Here are the words of the Department of Transportation: “The city’s new land capacity analysis is quite noteworthy and is a foundational element of strong community planning. As other state agencies have noted, development-related decisions have long-lasting impacts to the transportation system, other capital facilities, city budgets and your residents’ quality of life. Accommodating projected growth in a compact land use pattern with appropriate market-based contingencies, is a key step in minimizing up-front capital costs and ongoing operation and maintenance costs for all components of a multi-modal transportation system.
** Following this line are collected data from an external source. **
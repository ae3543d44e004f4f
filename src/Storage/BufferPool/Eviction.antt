-- ===== src/Storage/BufferPool/Eviction.antt =====
-- What `findVictim` of src/storage/buffer/buffer_pool.cpp gives away.
use seeddb.Base.{
  true, false, ℕ, List, ◌++◌, ◌<◌, ◌≡◌, some, ◌∷◌, ◌≢◌, [], none, inl, refl, sym, arith, ◌∙◌, inr,
  ≡→==_true, ap, Option, Bool,
}
use seeddb.Base.Int.{pos, inc}
use seeddb.Storage.PageId.{PageId, same_iff}
use seeddb.Storage.Lru.{LruReplacer, evict}
use seeddb.Storage.Lru.Laws as Lru
use seeddb.Storage.Lru.Laws.{contains-last}
use seeddb.Storage.Lru.Evict.{access_only, evict_last}
use seeddb.Storage.BufferPool.{
  PageStore, Pool, empty, find_empty, find_victim, flush_frame, drop_frame, fetch_hit, fetch_page,
  set_frame,
}
use seeddb.Storage.BufferPool.Invariant.{view, view-none, view-some, IsCoherent, find_empty-cases}
use seeddb.Storage.BufferPool.Frames.{pinned-Agrees, repinned}

single_last : (xs : List ℕ) (f g : ℕ) → xs ++ f ∷ [] ≡ g ∷ [] → f ≡ g
single_last [] f g h = cc
single_last (x ∷ []) f g h = cc
single_last (x ∷ y ∷ xs) f g h = cc

module _ (S : PageStore) where
  find_empty-full :
      (p : Pool S)
      → ((i : ℕ) → i < p.pool_size → (p.frames i).state ≢ empty)
      → find_empty S p.frames 0 p.pool_size ≡ none
  find_empty-full p full = elim (find_empty-cases S p.frames p.pool_size 0) [
    | inl (fid, _, hi, spare, _) ↦ absurd (full fid (omega arith) spare)
    | inr (_, e) ↦ e
  ]

  -- The victim of a full pool is the last frame of the list.
  find_victim-full :
      (p : Pool S)
      → ((i : ℕ) → i < p.pool_size → (p.frames i).state ≢ empty)
      → (fid : ℕ) → (rest : LruReplacer) → evict p.replacer ≡ some (fid, rest)
      → find_victim S p ≡ (some fid, drop_frame S fid rest p)
  unfolding find_victim
  find_victim-full p full fid rest e = rw (find_empty-full p full, e, find_victim) refl

  abbrev pub PinnedOutcome : PageId → ℕ → Pool S → Type 0
  PinnedOutcome pid fid p =
      (q : Pool S) × (fetch_page S pid p ≡ some (some fid, q))
      × ((q.frames fid).pin_count ≡ pos 1)
      × ((find_victim S q).0 ≡ some fid)

  -- On a coherent pool without an empty frame, whose LRU list is the one frame of a cached page that
  -- nobody has pinned: `FetchPage` of the page pins the frame, and the next `findVictim` still gives
  -- the frame away, pinned as it is.
  pub pinned_victim :
      (pid : PageId) (fid : ℕ) (p : Pool S)
      → IsCoherent S p
      → ((i : ℕ) → i < p.pool_size → (p.frames i).state ≢ empty)
      → p.page_table pid ≡ some fid
      → (p.frames fid).pin_count ≡ pos 0
      → Lru.order p.replacer ≡ fid ∷ []
      → PinnedOutcome pid fid p
  unfolding fetch_page fetch_hit
  pinned_victim pid fid p v full there unpinned only =
      let (lt, is, own) = v.entries pid fid there in
      let frames =
        set_frame p.frames fid
          (record (p.frames fid) { pin_count = inc (p.frames fid).pin_count }) in
      let agrees = pinned-Agrees S p.frames fid (inc (p.frames fid).pin_count) in
      let (r, e, rest, gone) = access_only p.replacer fid v.lru only in
      let still : (i : ℕ) → i < p.pool_size → (frames i).state ≢ empty =
        λ i hi h. let (state, _, _, _) = agrees i in full i hi (sym state ∙ h) in
      (
        repinned S p frames r agrees,
        rw (there, is, e, fetch_page) refl,
        rw (≡→==_true fid fid refl, unpinned) refl,
        ap (λ (x : Option ℕ × Pool S). x.0)
            (find_victim-full (repinned S p frames r agrees) still fid rest gone),
      )

  abbrev pub LostOutcome : ℕ → Pool S → Type 0
  LostOutcome fid p =
      (q : Pool S) × (find_victim S p ≡ (some fid, q))
      × (view S p (p.frames fid).page_id ≡ some (p.frames fid).page)
      × (view S q (p.frames fid).page_id ≡ S.get_page (p.frames fid).page_id p.store)

  -- On a coherent pool without an empty frame, where the last frame of the LRU list is dirty and the
  -- store refuses the write of its page and stays as it is: `findVictim` gives the frame away all
  -- the same. A reader of the page, who saw the cached content before, now sees what the store has.
  pub refused_victim :
      (xs : List ℕ) (fid : ℕ) (p : Pool S)
      → IsCoherent S p
      → ((i : ℕ) → i < p.pool_size → (p.frames i).state ≢ empty)
      → Lru.order p.replacer ≡ xs ++ fid ∷ []
      → (p.frames fid).is_dirty ≡ true
      → S.write_page (p.frames fid).page_id (p.frames fid).page p.store ≡ (false, p.store)
      → LostOutcome fid p
  unfolding drop_frame flush_frame
  refused_victim xs fid p v full split dirty refused =
      let (lt, is) = v.listed fid (rw split (contains-last xs fid)) in
      let (rest, gone) = evict_last p.replacer xs fid v.lru split in
      let q = drop_frame S fid rest p in
      let pid = (p.frames fid).page_id in
      let out : q.page_table pid ≡ none =
        rw (is, dirty, ≡→==_true fid fid refl, (same_iff pid pid).1 refl) refl in
      let kept : q.store ≡ p.store = rw (is, dirty) (ap (λ (x : Bool × S.Store). x.1) refused) in
      (
        q,
        find_victim-full p full fid rest gone,
        view-some S p pid fid (v.held fid lt is),
        view-none S q pid out ∙ ap (S.get_page pid) kept,
      )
Accordingly, WSDOT supports the recommendation to ‘identify portions of the unincorporated UGA (urban growth area) where it will be difficult to extend urban services within the planning period and consider such areas for removal from the UGA.’”

And they identify additional analysis that needs to be conducted: “WSDOT appreciates the inclusion of information from various transportation planning efforts, including ongoing studies for Mae Valley and Yonezawa Boulevard. However RCW 36.70a.070(6) specifies broader content requirements for the transportation element, including the following:

• ‘Estimated traffic impacts to state-owned transportation facilities resulting from land use assumptions …
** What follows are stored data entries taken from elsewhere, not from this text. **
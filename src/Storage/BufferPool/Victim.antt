-- ===== src/Storage/BufferPool/Victim.antt =====
-- `findVictim` of src/storage/buffer/buffer_pool.cpp on a coherent pool.
use seeddb.Base.{
  true, ℕ, List, ◌<◌, ◌≡◌, some, ◌++◌, ◌≢◌, [], none, refl, ◌∷◌, inl, ◌⊎◌, inr, arith, subst, sym,
  ◌∙◌, Option, ap, Bool-cases,
}
use seeddb.Storage.PageId.{PageId, same}
use seeddb.Storage.Lru.{LruReplacer, contains}
use seeddb.Storage.Lru.Laws as Lru
use seeddb.Storage.Lru.Laws.{contains-append, contains-last}
use seeddb.Storage.Lru.Order.{Distinct-split_last}
use seeddb.Storage.Lru.Evict.{evict_lem}
use seeddb.Storage.BufferPool.{PageStore, Pool, empty, find_victim, set_entry}
use seeddb.Storage.BufferPool.Invariant.{
  StoreLaws, view, IsCoherent, find_empty-cases, WritesBack, absurd_of,
}
use seeddb.Storage.BufferPool.Drop.{drop_frame-Drops, dropped-view, dropped-IsCoherent}

fewer :
    (xs : List ℕ) (fid : ℕ) (rest s : LruReplacer)
    → Lru.Distinct (xs ++ fid ∷ [])
    → Lru.order s ≡ xs ++ fid ∷ []
    → Lru.order rest ≡ xs
    → (i : ℕ) → contains (Lru.order rest) i ≡ true
    → (fid ≢ i) × (contains (Lru.order s) i ≡ true)
fewer xs fid rest s apart split order i h =
    let there : contains xs i ≡ true = ap (λ ys. contains ys i) (sym order) ∙ h in
    let (_, gone) = Distinct-split_last xs fid apart in
    (
      (λ e. absurd_of (ap (contains xs) (sym e)) there gone),
      rw (split, contains-append, there) refl,
    )

cleared :
    (table : PageId → Option ℕ) (n k : PageId) → table k ≡ none → set_entry table n none k ≡ none
cleared table n k h = elim (Bool-cases (same n k)) [ inl hit ↦ rw hit refl | inr miss ↦ rw miss h ]

module _ (S : PageStore) where
  -- No frame is empty, and the list has no frame to give.
  abbrev pub IsFull : Pool S → Type 0
  IsFull p = ((i : ℕ) → i < p.pool_size → (p.frames i).state ≢ empty) × (Lru.order p.replacer ≡ [])

  abbrev pub VictimOutcome : Pool S → Type 0
  VictimOutcome p =
      ((fid : ℕ) × (q : Pool S) × (find_victim S p ≡ (some fid, q))
        × (fid < q.pool_size)
        × ((q.frames fid).state ≡ empty)
        × IsCoherent S q
        × ((k : PageId) → view S q k ≡ view S p k)
        × ((k : PageId) → p.page_table k ≡ none → q.page_table k ≡ none))
      ⊎ ((find_victim S p ≡ (none, p)) × IsFull p)

  pub find_victim_lem :
      StoreLaws S → (p : Pool S) → IsCoherent S p → WritesBack S p → VictimOutcome p
  unfolding find_victim
  find_victim_lem laws p v writes = elim (find_empty-cases S p.frames p.pool_size 0) [
    | inl (fid, lo, hi, spare, e) ↦
        inl (fid, p, rw (e, find_victim) refl, omega arith, spare, v, (λ k. refl), λ k h. h)
    | inr (full, e) ↦ elim (evict_lem p.replacer v.lru) [
      | inr (nothing, e') ↦
          inr
            (rw (e, e', find_victim) refl, ((λ i hi. full i (omega arith) (omega arith)), nothing))
      | inl (xs, fid, rest, split, e', valid, order) ↦
          let last_in : contains (Lru.order p.replacer) fid ≡ true =
            rw split (contains-last xs fid) in
          let (lt, is) = v.listed fid last_in in
          let d =
            drop_frame-Drops S laws p fid rest is (λ dirty. writes fid lt is) (v.clean fid lt is) in
          inl (
            fid,
            _,
            rw (e, e', find_victim) refl,
            subst (λ n. fid < n) (sym d.size) lt,
            d.emptied,
            dropped-IsCoherent S laws p _ fid rest d v lt is valid (
                fewer xs fid rest p.replacer (subst Lru.Distinct split v.lru.distinct) split order),
            dropped-view S laws p _ fid rest d v lt is,
            λ k h. d.table k ∙ cleared p.page_table _ k h,
          )
    ]
  ]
• Specific actions and requirements for bringing into compliance locally owned transportation facilities … that are below established level of service standards ...

• Forecasts of traffic for at least ten years based on the adopted land use plan … ’”

As a result of state GMA requirements, the Comprehensive Plan identifies a number of areas where we are deficient and additional planning is required, and therefore there should be consideration of “right sizing” the UGA to where the city has facilities and then the city should be planning for the growth and how it will be financed.

This community knows we are struggling with balancing the competing demands on our public facilities and resources. The Love’s project is illustrative of the impacts that growth has. We heard your voices, and the city council made a very difficult decision to support a down-sized UGA in order to permit the city’s infrastructure and resources to catch up with growth, and so we know how we will finance future growth without impacting the levels of service to current residents.

The numbers in our Capital Facilities Plan are telling – staff has identified $298 million in expected capital costs over the next 20 years, but the city’s projected revenues during that same period falls short at $218 million. We have our work cut out for us.